The Coastal Glider is undergoing modifications, which includes the installation of a dedicated science computer and improved communications and survivability.
Rated to 200 meters depth, the Coastal Glider is capable of self-ballasting from fresh- to ocean water and has a variable speed capability to handle nearshore currents up to 2 knots. During initial design stages, potential users requested a maximum speed up to 5 knots, but the general consensus was that 2 knots would be sufficient.
Buoyancy Engine. The requirement for adaptive ballasting meant that the buoyancy engine (BE) volume be at least 3 percent of the vehicle volume. After the glider's hydrodynamic design was completed, it was determined that a 2 percent variation was needed. Thus, the BE volume of 5 liters represents 5 percent of the vehicle volume.
Several types of BE drive mechanisms were investigated. The simplest mechanism for driving the BE is a ballscrew arrangement. Ball screws, however, are subject to being back driven if there is no locking mechanism or locking current. These options would add excessively to the complexity or the power consumption, so the ball drive was eliminated. Alternatively, an Acme drive could have generated the necessary high drive forces without the back-drive issue, but its efficiency is very low. For these reasons, a hydraulic system was selected.
Hydro-Leduc's (Azerailles, France) Model PB32.5 microhydraulic pump was investigated, as it had been successfully used in profiling buoys and other gliders. The best efficiency point of this pump occurs at an operating pressure of 34.5 megapascals. This is significantly higher than the 2-megapascal water pressure at the maximum depth of 200 meters. A reverse-amplifier BE system was designed so that, at maximum depth, the BE pump operates at the best efficiency point. Coupling the pump to a high-efficiency DC motor resulted in a BE efficiency of 70 percent.
Pitch and Roll System. The pitch and roll components were selected such that a single mass (the battery) could be used for both pitch and roll control. This was accomplished by selecting a high-efficiency commercial off-the-shelf (COTS) linear actuator for the pitch system with an integral linear potentiometer for position feedback. This actuator was connected to an adaptor plate, which was in turn connected to the battery mass. The linear actuator is equipped with an integral slip clutch to prevent damage in case it is overdriven.
The battery mass was designed so the center of gravity of the battery was 2 centimeters below the glider's centerline. The layout of other components was designed so the glider's center of gravity rested on its centerline.
The roll actuator is also a COTS DC motor, which is mounted on the adaptor plate and, thus, moves with the battery mass. The roll system is connected to the battery mass by a drive chain, and measurement of the battery roll is affected by the use of a separate potentiometer engaged with the chain. Limit switches are also integrated into the adaptor plate to prevent damage if the roll system is overdriven.

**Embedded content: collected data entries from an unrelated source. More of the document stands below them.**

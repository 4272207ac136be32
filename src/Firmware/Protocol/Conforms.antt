-- ===== src/Firmware/Protocol/Conforms.antt =====
-- Every run of the update conforms to the protocol.
use canopen_tools.Prelude.{
  ℕ, ◌≡◌, refl, ap, ◌∙◌, inl, inr, true, false, List, [], arith, ◌==◌, ==_iff, append-nil,
  Bool-cases,
}
use canopen_tools.Firmware.Device.{
  Call, connect, disconnect, read_swid, pre_operational, wait_bootup, ctrl, get_size, Env, Run,
  returned, raised, out_of_fuel, M, pure, attempt, ◌>>=◌, ◌>>◌, perform,
}
use canopen_tools.Firmware.Protocol.{
  Stage, idle, stopped, cleared, erased, downloaded, verified, started, confirmed, advance, run,
  flash_status,
}
use canopen_tools.Firmware.Protocol.Rules.{
  To, Leads, Leads-bind, Leads-weaken, Leads-perform, Leads-finally, Leads-then, Leads-quiet,
  Leads-try_quiet, refused_self,
}
use canopen_tools.Firmware.Protocol.Wait.{CanPoll, wait_for_flash_status_ok-Leads}
use canopen_tools.Firmware.Protocol.Transfer.{IsSafe, download-Leads}
use canopen_tools.Firmware.Flash.{
  default_timeout, program_ctrl_start, program_ctrl_stop, program_ctrl_clear, program_ctrl_confirm,
  wait_for_flash_status_ok, require_ok, download, update_steps, flash_firmware,
}

module _ (env : Env) (content : List ℕ) where
  abbrev pub Safe : Stage → Type 0
  Safe = IsSafe content

  abbrev Reaches : {A : Type 0} → Stage → Run A → Stage → Type 0
  Reaches s = To Safe (λ a t. t ≡ s)

  require_ok_done :
      (n : ℕ) (t u : Stage) → (n == 0) ≡ true → t ≡ u → Leads t (Reaches u) (require_ok env n)
  unfolding require_ok
  require_ok_done n t u done e = rw done (λ l h. h ∙ e)

  require_ok_busy :
      (n : ℕ) (t u : Stage) → (n == 0) ≡ false → Safe t → Leads t (Reaches u) (require_ok env n)
  unfolding require_ok
  require_ok_busy n t u busy safe = rw busy (λ l h. rw h safe)

  -- A wait and the test of its status: only 0 goes on.
  wait_ok-Leads :
      (s u : Stage) (fuel : ℕ) (Q : Unit {0} → Stage → Type 0) (k : M (Unit {0}))
      → CanPoll s
      → Safe s
      → flash_status s 0 ≡ u
      → Leads u (To Safe Q) k
      → Leads s
          (To Safe Q)
          (do status ← wait_for_flash_status_ok env fuel default_timeout; require_ok env status; k)
  wait_ok-Leads s u fuel Q k poll_s safe zero_moves later =
      Leads-bind s Safe (λ n t. t ≡ flash_status s n) Q
        (wait_for_flash_status_ok env fuel default_timeout) _
        (wait_for_flash_status_ok-Leads env s Safe poll_s safe fuel default_timeout) tested
    where
      tested :
          (n : ℕ) (t : Stage) → t ≡ flash_status s n → Leads t (To Safe Q) (do require_ok env n; k)
      tested n t e = elim (Bool-cases (n == 0)) [
        | inl done ↦
            Leads-then t u Safe Q (require_ok env n) _
              (require_ok_done n t u done
                (e ∙ ap (flash_status s) ((==_iff n 0).0 done) ∙ zero_moves))
              (λ v. later)
        | inr busy ↦
            Leads-then t u Safe Q (require_ok env n) _
              (require_ok_busy n t u busy
                (rw (e ∙ poll_s.busy n (λ z. cc ((==_iff n 0).1 z))) safe))
              (λ v. later)
      ]

  try_quiet :
      (s : Stage) (c : Call)
      → ((n : ℕ) → advance s c n ≡ s)
      → Safe s
      → Leads s (Reaches s) (attempt (perform env c))
  try_quiet s c quiet safe =
      Leads-weaken s (λ t. t ≡ s) Safe (λ o t. t ≡ s) (λ o t. t ≡ s) (attempt (perform env c))
        (λ t e. rw e safe) (λ o t e. e) (Leads-try_quiet env c s quiet)

  idle-CanPoll : CanPoll idle
  idle-CanPoll = record { in_order = refl; busy = λ n h. refl }

  cleared-CanPoll : CanPoll cleared
  cleared-CanPoll = record { in_order = refl; busy = λ n h. ground (arith, h) }

  downloaded-CanPoll : CanPoll (downloaded content)
  downloaded-CanPoll = record { in_order = refl; busy = λ n h. ground (arith, h) }

  abbrev pub Confirmed : Unit {0} → Stage → Type 0
  Confirmed u t = t ≡ confirmed content

  -- The steps after the download, from the new software identifier on.
  last_steps-Leads : Leads (verified content) (To Safe Confirmed) (do
    attempt (perform env read_swid)
    perform env (ctrl program_ctrl_start)
    attempt (perform env wait_bootup)
    perform env pre_operational
    perform env (ctrl program_ctrl_confirm)
    pure tt)
  last_steps-Leads =
      Leads-then (verified content) (verified content) Safe Confirmed _ _
        (try_quiet (verified content) read_swid (λ n. refl) refl)
        λ o.
          Leads-then (verified content) (started content) Safe Confirmed _ _
            (Leads-perform env (ctrl program_ctrl_start) (verified content) Safe _ (λ n. refl) refl)
            λ n.
              Leads-then (started content) (started content) Safe Confirmed _ _
                (try_quiet (started content) wait_bootup (λ n. refl) refl)
                λ p.
                  Leads-then (started content) (started content) Safe Confirmed _ _
                    (Leads-perform env pre_operational (started content) Safe _ (λ n. refl) refl)
                    λ m.
                      Leads-then (started content) (confirmed content) Safe Confirmed _ _
                        (Leads-perform env (ctrl program_ctrl_confirm) (started content) Safe _
                          (λ n. refl) refl)
                        λ k l h. h

  -- The steps from the erased flash on.
  store_steps-Leads :
      (fuel : ℕ)
      → Leads erased (To Safe Confirmed) (do
        size ← perform env get_size
        download env size content
        stored ← wait_for_flash_status_ok env fuel default_timeout
        require_ok env stored
        attempt (perform env read_swid)
        perform env (ctrl program_ctrl_start)
        attempt (perform env wait_bootup)
        perform env pre_operational
        perform env (ctrl program_ctrl_confirm)
        pure tt)
  store_steps-Leads fuel =
      Leads-then erased erased Safe Confirmed _ _
        (Leads-quiet env get_size erased Safe (λ n. refl) tt)
        λ size.
          Leads-then erased (downloaded content) Safe Confirmed _ _
            (download-Leads content env size)
            λ u.
              wait_ok-Leads (downloaded content) (verified content) fuel Confirmed _
                downloaded-CanPoll ([], append-nil content) refl last_steps-Leads

  pub update_steps-Leads :
      (fuel : ℕ) → Leads idle (To Safe Confirmed) (update_steps env fuel content)
  unfolding update_steps
  update_steps-Leads fuel =
      Leads-then idle idle Safe Confirmed _ _ (try_quiet idle read_swid (λ n. refl) tt) λ o.
        Leads-then idle idle Safe Confirmed _ _
          (wait_for_flash_status_ok-Leads env idle Safe idle-CanPoll tt fuel default_timeout)
          λ st.
            Leads-then idle idle Safe Confirmed _ _
              (Leads-perform env pre_operational idle Safe _ (λ n. refl) tt)
              λ n.
                Leads-then idle stopped Safe Confirmed _ _
                  (Leads-perform env (ctrl program_ctrl_stop) idle Safe _ (λ n. refl) tt)
                  λ m.
                    Leads-then stopped cleared Safe Confirmed _ _
                      (Leads-perform env (ctrl program_ctrl_clear) stopped Safe _ (λ n. refl) tt)
                      λ k.
                        wait_ok-Leads cleared erased fuel Confirmed _ cleared-CanPoll tt refl
                          (store_steps-Leads fuel)

  pub flash_firmware-Leads :
      (fuel : ℕ) → Leads idle (To Safe Confirmed) (flash_firmware env fuel content)
  unfolding flash_firmware
  flash_firmware-Leads fuel =
      Leads-then idle idle Safe Confirmed _ _ (Leads-quiet env connect idle Safe (λ n. refl) tt)
        λ n.
          Leads-finally env disconnect idle Safe Safe Confirmed Confirmed _
            (update_steps-Leads fuel) (λ u t k e. e) (λ u t e. rw (refused_self t, e) refl)
            (λ t k e. e) (λ t e. rw (refused_self t) e) (λ t e. e)

  -- Whatever the device, the files and the clock do, and whether the update ends or raises: no call
  -- of it is out of the order of the protocol, what the transfer has taken is a front of the file, the
  -- program is started and confirmed only over a flash that holds the whole file and answered status
  -- 0 after it; and an update that returns has confirmed the program.
  pub flash_firmware-conforms :
      (fuel : ℕ)
      → IsSafe content (run idle (flash_firmware env fuel content []).1)
        × ((flash_firmware env fuel content []).0 ≡ returned tt
            → run idle (flash_firmware env fuel content []).1 ≡ confirmed content)
  flash_firmware-conforms fuel =
      split (flash_firmware env fuel content []).0 (run idle (flash_firmware env fuel content []).1)
        (flash_firmware-Leads fuel [] refl)
    where
      split :
          (r : Run (Unit {0})) (t : Stage)
          → To Safe Confirmed r t
          → IsSafe content t × (r ≡ returned tt → t ≡ confirmed content)
      split (returned u) t e = (rw e refl, λ h. e)
      split (raised x) t e = (e, λ h. cc)
      split out_of_fuel t e = (e, λ h. cc)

All of the drive components (BE pump, BE valve, pitch motor and roll motor) are located in the front of the glider to keep the electrically noisy equipment away from the communications equipment, navigation equipment and science equipment in the aft electronics bay.
The arrangement of these components dictated a larger diameter than is found on other gliders. The outside diameter of the main hull measures 0.32 meters for compatibility with equipment for handling small-size standard torpedoes.

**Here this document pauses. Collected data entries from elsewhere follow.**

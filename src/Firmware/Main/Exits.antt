-- ===== src/Firmware/Main/Exits.antt =====
-- How `main` of firmware-update/co-firmware-update.py ends, in the flashing protocol.
use canopen_tools.Prelude.{
  ℕ, zero, suc, Bool, true, false, ◌≡◌, ◌≢◌, refl, ◌∙◌, Option, none, some, List, [], ◌∷◌,
}
use canopen_tools.Firmware.Device.{
  get_size, Env, Run, returned, raised, out_of_fuel, attempt, M, ◌>>=◌,
}
use canopen_tools.Outcome.{Result, ok, raise}
use canopen_tools.Firmware.Protocol.{Stage, idle, confirmed, run}
use canopen_tools.Firmware.Protocol.Rules.{
  To, Leads, Tried, Leads-bind, Leads-then, Leads-quiet, Leads-attempt,
}
use canopen_tools.Firmware.Protocol.Transfer.{IsSafe}
use canopen_tools.Firmware.Protocol.Conforms.{Confirmed, flash_firmware-Leads}
use canopen_tools.Firmware.Flash.{flash_firmware}
use canopen_tools.Firmware.Main.{
  load_config, lift, Settings, text_or, number_or, Ending, sys_exit, finished, ending_of, agreed,
  proceed, check_file, check_baudrate, check_interface, main,
}

module _ (env : Env) (content : List ℕ) where
  -- What an exit status says of the device: 0 by `sys.exit` is a cancelled update.
  abbrev pub IsTold : Ending → Stage → Type 0
  IsTold finished t = t ≡ confirmed content
  IsTold (sys_exit zero) t = t ≡ idle
  IsTold (sys_exit (suc n)) t = IsSafe content t

  abbrev Ends : Run Ending → Stage → Type 0
  Ends = To (IsSafe content) IsTold

  told :
      (o : Option (Unit {0})) (t : Stage)
      → Tried (IsSafe content) (Confirmed env content) o t
      → Leads t Ends (λ l. (returned (ending_of env o), l))
  told (some u) t e l h = h ∙ e
  told none t e l h = rw h e

  module _ (set : Settings) (fuel : ℕ) where
    proceed-Ends : (agreed : Bool) → Leads idle Ends (proceed env agreed fuel content)
    unfolding proceed
    proceed-Ends true =
        Leads-bind idle (IsSafe content) (Tried (IsSafe content) (Confirmed env content)) IsTold
          (attempt (flash_firmware env fuel content)) _
          (Leads-attempt idle (IsSafe content) (Confirmed env content) _
            (flash_firmware-Leads env content fuel))
          told
    proceed-Ends false = λ l h. h

    lift-Ends :
        {A : Type 0} (r : Result A) (k : A → M Ending)
        → ((a : A) → Leads idle Ends (k a))
        → Leads idle Ends (lift r >>= k)
    unfolding ◌>>=◌
    lift-Ends (ok a) k later = later a
    lift-Ends (raise e) k later = λ l h. rw h tt

    check_file-Ends : (found : Bool) → Leads idle Ends (check_file env found set fuel content)
    unfolding check_file
    check_file-Ends true =
        Leads-then idle idle (IsSafe content) IsTold _ _
          (Leads-quiet env get_size idle (IsSafe content) (λ n. refl) tt)
          (λ n. lift-Ends (agreed set.args.yes set.says_yes) _ (λ go_on. proceed-Ends go_on))
    check_file-Ends false = λ l h. rw h tt

    check_baudrate-Ends : (b : Option ℕ) → Leads idle Ends (check_baudrate env b set fuel content)
    unfolding check_baudrate
    check_baudrate-Ends (some (suc n)) = check_file-Ends set.is_file
    check_baudrate-Ends (some zero) = λ l h. rw h tt
    check_baudrate-Ends none = λ l h. rw h tt

    check_interface-Ends :
        (i : Option (List ℕ)) (b : Option ℕ)
        → Leads idle Ends (check_interface env i b set fuel content)
    unfolding check_interface
    check_interface-Ends (some (c ∷ t)) b = check_baudrate-Ends b
    check_interface-Ends (some []) b = λ l h. rw h tt
    check_interface-Ends none b = λ l h. rw h tt

    main-Ends : Leads idle Ends (main env set fuel content)
    unfolding main
    main-Ends = lift-Ends (load_config set) _ (λ config.
        lift-Ends (text_or set.args.interface _) _
          (λ i. lift-Ends (number_or set.args.baudrate _) _ (λ b. check_interface-Ends i b)))

    -- How the command ended, an exception included, and the stage of the device.
    abbrev pub IsHonestExit : Run Ending → Stage → Type 0
    IsHonestExit (returned e) t = IsTold e t
    IsHonestExit _ t = IsSafe content t

    -- Without consent the device is as it was.
    abbrev pub WithConsent : Bool → Result Bool → Stage → Type 0
    WithConsent true says_yes t = Unit
    WithConsent false (ok true) t = Unit
    WithConsent false _ t = t ≡ idle

    abbrev Stays : Run Ending → Stage → Type 0
    Stays = To (λ t. t ≡ idle) (λ e t. t ≡ idle)

    module _ (declined : agreed set.args.yes set.says_yes ≢ ok true) where
      proceed-Stays :
          (agreed : Bool) → agreed ≡ false → Leads idle Stays (proceed env agreed fuel content)
      unfolding proceed
      proceed-Stays true e = absurd (cc e)
      proceed-Stays false e = λ l h. h

      lift-Stays :
          {A : Type 0} (r : Result A) (k : A → M Ending)
          → ((a : A) → Leads idle Stays (k a))
          → Leads idle Stays (lift r >>= k)
      unfolding ◌>>=◌
      lift-Stays (ok a) k later = later a
      lift-Stays (raise e) k later = λ l h. h

      agreed-Stays :
          (r : Result Bool)
          → r ≢ ok true
          → Leads idle Stays (lift r >>= λ go_on. proceed env go_on fuel content)
      unfolding ◌>>=◌ proceed
      agreed-Stays (ok true) refused = absurd (refused refl)
      agreed-Stays (ok false) refused = λ l h. proceed-Stays false refl l h
      agreed-Stays (raise e) refused = λ l h. h

      check_file-Stays : (found : Bool) → Leads idle Stays (check_file env found set fuel content)
      unfolding check_file
      check_file-Stays true =
          Leads-then idle idle (λ t. t ≡ idle) (λ e t. t ≡ idle) _ _
            (Leads-quiet env get_size idle (λ t. t ≡ idle) (λ n. refl) refl)
            (λ n. agreed-Stays (agreed set.args.yes set.says_yes) declined)
      check_file-Stays false = λ l h. h

      check_baudrate-Stays :
          (b : Option ℕ) → Leads idle Stays (check_baudrate env b set fuel content)
      unfolding check_baudrate
      check_baudrate-Stays (some (suc n)) = check_file-Stays set.is_file
      check_baudrate-Stays (some zero) = λ l h. h
      check_baudrate-Stays none = λ l h. h

      check_interface-Stays :
          (i : Option (List ℕ)) (b : Option ℕ)
          → Leads idle Stays (check_interface env i b set fuel content)
      unfolding check_interface
      check_interface-Stays (some (c ∷ t)) b = check_baudrate-Stays b
      check_interface-Stays (some []) b = λ l h. h
      check_interface-Stays none b = λ l h. h

      main-Stays : Leads idle Stays (main env set fuel content)
      unfolding main
      main-Stays = lift-Stays (load_config set) _ (λ config.
          lift-Stays (text_or set.args.interface _) _
            (λ i. lift-Stays (number_or set.args.baudrate _) _ (λ b. check_interface-Stays i b)))

    -- Whatever the settings, the device, the file and the clock: when `main` comes to its end, the
    -- device holds the whole file and the program is confirmed; when it exits with status 0, the
    -- device is as it was; with any other status, or by an exception, the calls made so far were in
    -- the order of the protocol and nothing was started that is not the whole file. Without `--yes`
    -- and a confirmation, also when the question is interrupted, the device is as it was, however `main`
    -- ends.
    pub main-IsHonestExit :
        IsHonestExit (main env set fuel content []).0 (run idle (main env set fuel content []).1)
        × WithConsent set.args.yes set.says_yes (run idle (main env set fuel content []).1)
    unfolding agreed
    main-IsHonestExit = (
      split (main env set fuel content []).0 _ (main-Ends [] refl),
      consent set.args.yes set.says_yes (λ refused. main-Stays refused [] refl),
    )
      where
        split : (r : Run Ending) (t : Stage) → Ends r t → IsHonestExit r t
        split (returned e) t h = h
        split (raised e) t h = h
        split out_of_fuel t h = h

        still : (r : Run Ending) (t : Stage) → Stays r t → t ≡ idle
        still (returned e) t h = h
        still (raised e) t h = h
        still out_of_fuel t h = h

        consent :
            (given : Bool) (says_yes : Result Bool)
            → (agreed given says_yes ≢ ok true
                → Stays
                    (main env set fuel content []).0
                    (run idle (main env set fuel content []).1))
            → WithConsent given says_yes (run idle (main env set fuel content []).1)
        consent true says_yes h = tt
        consent false (ok true) h = tt
        consent false (ok false) h = still (main env set fuel content []).0 _ (h (λ e. cc e))
        consent false (raise x) h = still (main env set fuel content []).0 _ (h (λ e. cc e))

Battery and Power System. The glider runs on a lithium battery, with all electronics designed to be powered by 1 8 to 32 volts DC.

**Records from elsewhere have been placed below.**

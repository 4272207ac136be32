-- ===== src/Firmware/Objects.antt =====
-- The object dictionary of `create_flash_object_dictionary` in
-- firmware-update/co-firmware-update.py, and the accesses to it that the calls of the update stand
-- for.
use canopen_tools.Prelude.{ℕ, ◌<◌, Bool, Option, none, some, List, [], ◌∷◌, ◌==◌, if◌then◌else◌}
use canopen_tools.Firmware.Device.{Call, read_swid, read_status, ctrl, open_transfer, Event}
pub mod Typed

-- Object dictionary indexes
abbrev pub h1f50_program_data : ℕ
h1f50_program_data = 0x1F50

abbrev pub h1f51_program_ctrl : ℕ
h1f51_program_ctrl = 0x1F51

abbrev pub h1f56_program_swid : ℕ
h1f56_program_swid = 0x1F56

abbrev pub h1f57_flash_status : ℕ
h1f57_flash_status = 0x1F57

abbrev pub program_number : ℕ
program_number = 1

-- The types of CiA 301 that are declared.
pub data DataType : Type 0 where
  domain unsigned8 unsigned32 : DataType

-- A `Variable`, and an `Array` with the members that were added.
pub record Variable : Type 0 where
  pub index : ℕ
  pub subindex : ℕ
  pub data_type : DataType

pub record ObjectArray : Type 0 where
  pub index : ℕ
  pub members : List Variable

-- The objects of an `ObjectDictionary`, in the order in which they were added.
abbrev pub ObjectDictionary : Type 0
ObjectDictionary = List ObjectArray

-- An `Array` with one member.
abbrev pub array_of : ℕ → ℕ → DataType → ObjectArray
array_of i k t = record {
  index = i;
  members = record { index = i; subindex = k; data_type = t } ∷ [];
}

unfoldable pub create_flash_object_dictionary : ObjectDictionary
create_flash_object_dictionary =
    array_of h1f50_program_data 1 domain
    ∷ array_of h1f51_program_ctrl 1 unsigned8
    ∷ array_of h1f56_program_swid 1 unsigned32
    ∷ array_of h1f57_flash_status 1 unsigned32
    ∷ []

-- The declared type at an index and a subindex.
abbrev pub type_of_member : ℕ → List Variable → Option DataType
type_of_member k [] = none
type_of_member k (v ∷ vs) = if k == v.subindex then some v.data_type else type_of_member k vs

abbrev pub declared : ℕ → ℕ → ObjectDictionary → Option DataType
declared i k [] = none
declared i k (a ∷ od) = if i == a.index then type_of_member k a.members else declared i k od

-- How an object is used: `….raw` is read, `….raw = n`, and `….open('wb', …)`.
pub data Use : Type 0 where
  reading : Use
  writing : ℕ → Use
  streaming : Use

pub record Access : Type 0 where
  pub index : ℕ
  pub subindex : ℕ
  pub use_made : Use

-- `flash_node.sdo[index][subindex]`, for the calls that go through it.
abbrev pub accessed : Call → Option Access
accessed read_swid =
    some (record { index = h1f56_program_swid; subindex = program_number; use_made = reading })
accessed read_status =
    some (record { index = h1f57_flash_status; subindex = program_number; use_made = reading })
accessed (ctrl n) =
    some (record { index = h1f51_program_ctrl; subindex = program_number; use_made = writing n })
accessed (open_transfer size) =
    some (record { index = h1f50_program_data; subindex = program_number; use_made = streaming })
accessed _ = none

Power use in a glider is very irregular. The glider will go for long periods of time on the descent or ascent using very little power. Most of the motive power is used in a few seconds at the bottom inflection. This type of large draw is difficult for batteries to provide and tends to shorten battery life.
For this reason, an ultracapacitor pack was installed, from which all of the main actuators are powered. This also helps to decouple the motors from the more sensitive electronic equipment. The ultracapacitors are located below the pitch, roll and internal BE components.
Electronics Bay. The electronics bay comprises a dry cylindrical volume that has a 19.1 -centimeter inner diameter and is 30.5 centimeters long. Approximately 80 percent of this volume (7 liters) is available for sensor integration. The remaining section is reserved for glider communications and navigation equipment.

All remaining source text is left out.